**WORK REQUEST:**
The full set of entries should be repeated without a single change.

[Collected data]
★ ★ ★ ★
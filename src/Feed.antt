-- ===== src/Feed.antt =====
-- app/services/feed.py and app/services/bookmarks.py: the per-user views of the stored items.
pub mod Joins
pub mod UrlMute
pub mod Page
pub mod Reading
pub mod Reactions
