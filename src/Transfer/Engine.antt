-- ===== src/Transfer/Engine.antt =====
-- `TransferEngine` of crates/agent-send-daemon/src/transfer.rs: the named folders, the check of a
-- submission and the start of an incoming transfer.
use agent_send.Base.{ℕ, Text, text, List, [], ◌∷◌, Bool, false, none, some, ltb, is_some}
use agent_send.Base.Result.{Result, ok, ok_or, map_err, reject_if, ◌>>=◌, ◌>>◌}
use agent_send.Base.Map.{Map, get, insert, remove, keys}
use agent_send.Limits.{max_transfer_bytes}
use agent_send.Core.Os.{FileSystem, Sha256}
use agent_send.Core.Request.{FolderDirection, TransferRequest, validate}
use agent_send.Core.Policy.{PathPolicy, read, write, resolve}
use agent_send.Transfer.Types.{
  TransferEngine, TransferOutcome, TransferError, request, folder_not_found, policy,
  size_limit_exceeded, IncomingTransfer,
}

-- `TransferEngine::new`
unfoldable pub new : TransferEngine
new = record { folders = []; completed = [] }

-- `TransferEngine::add_folder`
unfoldable pub add_folder : TransferEngine → Text → PathPolicy → TransferEngine
unfolding insert
add_folder e id p = record e { folders = insert e.folders id p }

-- `TransferEngine::remove_folder`
unfoldable pub remove_folder : TransferEngine → Text → TransferEngine × Bool
unfolding remove get
remove_folder e id = (record e { folders = remove e.folders id }, is_some (get e.folders id))

-- `TransferEngine::folder_ids`
unfoldable pub folder_ids : TransferEngine → List Text
folder_ids e = keys e.folders

abbrev directions : Map PathPolicy → List (Text × FolderDirection)
directions [] = []
directions ((id, p) ∷ rest) = (id, p.direction) ∷ directions rest

-- `TransferEngine::folders`
unfoldable pub folders : TransferEngine → List (Text × FolderDirection)
folders e = directions e.folders

-- `TransferEngine::folder`
unfoldable pub folder : TransferEngine → Text → Result TransferError PathPolicy
folder e id = ok_or (get e.folders id) (folder_not_found id)

module _ (fs : FileSystem) where
  -- The loop of `validate_submission`
  unfoldable pub resolve_all : fs.Disk → PathPolicy → List Text → Result TransferError (Unit {0})
  resolve_all d source [] = ok tt
  resolve_all d source (path ∷ rest) = do
    _ ← map_err policy (resolve fs d source path read)
    resolve_all d source rest

  -- `TransferEngine::validate_submission`
  unfoldable pub validate_submission :
      fs.Disk → TransferEngine → TransferRequest → Result TransferError (Unit {0})
  unfolding folder resolve_all
  validate_submission d e r = do
    map_err request (validate r)
    source ← folder e r.source_folder_id
    resolve_all d source r.source_paths

  pub data IncomingStart (sha : Sha256) : Type 0 where
    ready : IncomingTransfer fs sha → IncomingStart sha
    completed : TransferOutcome → IncomingStart sha

  module _ (sha : Sha256) where
    unfoldable pub fresh : Text → Text → PathPolicy → ℕ → Text → IncomingTransfer fs sha
    fresh transfer_id idempotency_key destination total_bytes sha256 = record {
      transfer_id = transfer_id;
      idempotency_key = idempotency_key;
      destination = destination;
      total_bytes = total_bytes;
      expected_hash = sha256;
      bytes = 0;
      files = 0;
      hash = sha.new;
      active_file = none;
      files_started = 0;
      entries = 0;
      targets = [];
      committed_targets = [];
      completed = false;
    }

    -- A transfer that has not been completed before.
    unfoldable pub begin_new :
        fs.Disk
        → TransferEngine
        → Text
        → Text
        → Text
        → ℕ
        → Text
        → Result TransferError (IncomingStart sha)
    unfolding fresh folder
    begin_new d e transfer_id destination_folder_id idempotency_key total_bytes sha256 = do
      reject_if (ltb max_transfer_bytes total_bytes) size_limit_exceeded
      destination ← folder e destination_folder_id
      _ ← map_err policy (resolve fs d destination (text ".") write)
      ok (ready (fresh transfer_id idempotency_key destination total_bytes sha256))

    -- `TransferEngine::begin_incoming`
    unfoldable pub begin_incoming :
        fs.Disk
        → TransferEngine
        → Text
        → Text
        → Text
        → ℕ
        → Text
        → Result TransferError (IncomingStart sha)
    unfolding begin_new
    begin_incoming d e transfer_id destination_folder_id idempotency_key total_bytes sha256 =
        elim (get e.completed idempotency_key) [
          | some outcome ↦ ok (completed outcome)
          | none ↦
              begin_new d e transfer_id destination_folder_id idempotency_key total_bytes sha256
        ]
★ ★ ★ ★
**SOLUTION TO THIS PROBLEM:**
filename src/Feed.antt
-- ===== src/Feed.antt =====
-- app/services/feed.py and app/services/bookmarks.py: the per-user views of the stored items.
pub mod Joins
pub mod UrlMute
pub mod Page
pub mod Reading
pub mod Reactions
filename src/Transfer/Engine.antt
-- ===== src/Transfer/Engine.antt =====
-- `TransferEngine` of crates/agent-send-daemon/src/transfer.rs: the named folders, the check of a
-- submission and the start of an incoming transfer.
use agent_send.Base.{ℕ, Text, text, List, [], ◌∷◌, Bool, false, none, some, ltb, is_some}
use agent_send.Base.Result.{Result, ok, ok_or, map_err, reject_if, ◌>>=◌, ◌>>◌}
use agent_send.Base.Map.{Map, get, insert, remove, keys}
use agent_send.Limits.{max_transfer_bytes}
use agent_send.Core.Os.{FileSystem, Sha256}
use agent_send.Core.Request.{FolderDirection, TransferRequest, validate}
use agent_send.Core.Policy.{PathPolicy, read, write, resolve}
use agent_send.Transfer.Types.{
  TransferEngine, TransferOutcome, TransferError, request, folder_not_found, policy,
  size_limit_exceeded, IncomingTransfer,
}

-- `TransferEngine::new`
unfoldable pub new : TransferEngine
new = record { folders = []; completed = [] }

-- `TransferEngine::add_folder`
unfoldable pub add_folder : TransferEngine → Text → PathPolicy → TransferEngine
unfolding insert
add_folder e id p = record e { folders = insert e.folders id p }

-- `TransferEngine::remove_folder`
unfoldable pub remove_folder : TransferEngine → Text → TransferEngine × Bool
unfolding remove get
remove_folder e id = (record e { folders = remove e.folders id }, is_some (get e.folders id))

-- `TransferEngine::folder_ids`
unfoldable pub folder_ids : TransferEngine → List Text
folder_ids e = keys e.folders

abbrev directions : Map PathPolicy → List (Text × FolderDirection)
directions [] = []
directions ((id, p) ∷ rest) = (id, p.direction) ∷ directions rest

-- `TransferEngine::folders`
unfoldable pub folders : TransferEngine → List (Text × FolderDirection)
folders e = directions e.folders

-- `TransferEngine::folder`
unfoldable pub folder : TransferEngine → Text → Result TransferError PathPolicy
folder e id = ok_or (get e.folders id) (folder_not_found id)

module _ (fs : FileSystem) where
  -- The loop of `validate_submission`
  unfoldable pub resolve_all : fs.Disk → PathPolicy → List Text → Result TransferError (Unit {0})
  resolve_all d source [] = ok tt
  resolve_all d source (path ∷ rest) = do
    _ ← map_err policy (resolve fs d source path read)
    resolve_all d source rest

  -- `TransferEngine::validate_submission`
  unfoldable pub validate_submission :
      fs.Disk → TransferEngine → TransferRequest → Result TransferError (Unit {0})
  unfolding folder resolve_all
  validate_submission d e r = do
    map_err request (validate r)
    source ← folder e r.source_folder_id
    resolve_all d source r.source_paths

  pub data IncomingStart (sha : Sha256) : Type 0 where
    ready : IncomingTransfer fs sha → IncomingStart sha
    completed : TransferOutcome → IncomingStart sha

  module _ (sha : Sha256) where
    unfoldable pub fresh : Text → Text → PathPolicy → ℕ → Text → IncomingTransfer fs sha
    fresh transfer_id idempotency_key destination total_bytes sha256 = record {
      transfer_id = transfer_id;
      idempotency_key = idempotency_key;
      destination = destination;
      total_bytes = total_bytes;
      expected_hash = sha256;
      bytes = 0;
      files = 0;
      hash = sha.new;
      active_file = none;
      files_started = 0;
      entries = 0;
      targets = [];
      committed_targets = [];
      completed = false;
    }

    -- A transfer that has not been completed before.
    unfoldable pub begin_new :
        fs.Disk
        → TransferEngine
        → Text
        → Text
        → Text
        → ℕ
        → Text
        → Result TransferError (IncomingStart sha)
    unfolding fresh folder
    begin_new d e transfer_id destination_folder_id idempotency_key total_bytes sha256 = do
      reject_if (ltb max_transfer_bytes total_bytes) size_limit_exceeded
      destination ← folder e destination_folder_id
      _ ← map_err policy (resolve fs d destination (text ".") write)
      ok (ready (fresh transfer_id idempotency_key destination total_bytes sha256))

    -- `TransferEngine::begin_incoming`
    unfoldable pub begin_incoming :
        fs.Disk
        → TransferEngine
        → Text
        → Text
        → Text
        → ℕ
        → Text
        → Result TransferError (IncomingStart sha)
    unfolding begin_new
    begin_incoming d e transfer_id destination_folder_id idempotency_key total_bytes sha256 =
        elim (get e.completed idempotency_key) [
          | some outcome ↦ ok (completed outcome)
          | none ↦
              begin_new d e transfer_id destination_folder_id idempotency_key total_bytes sha256
        ]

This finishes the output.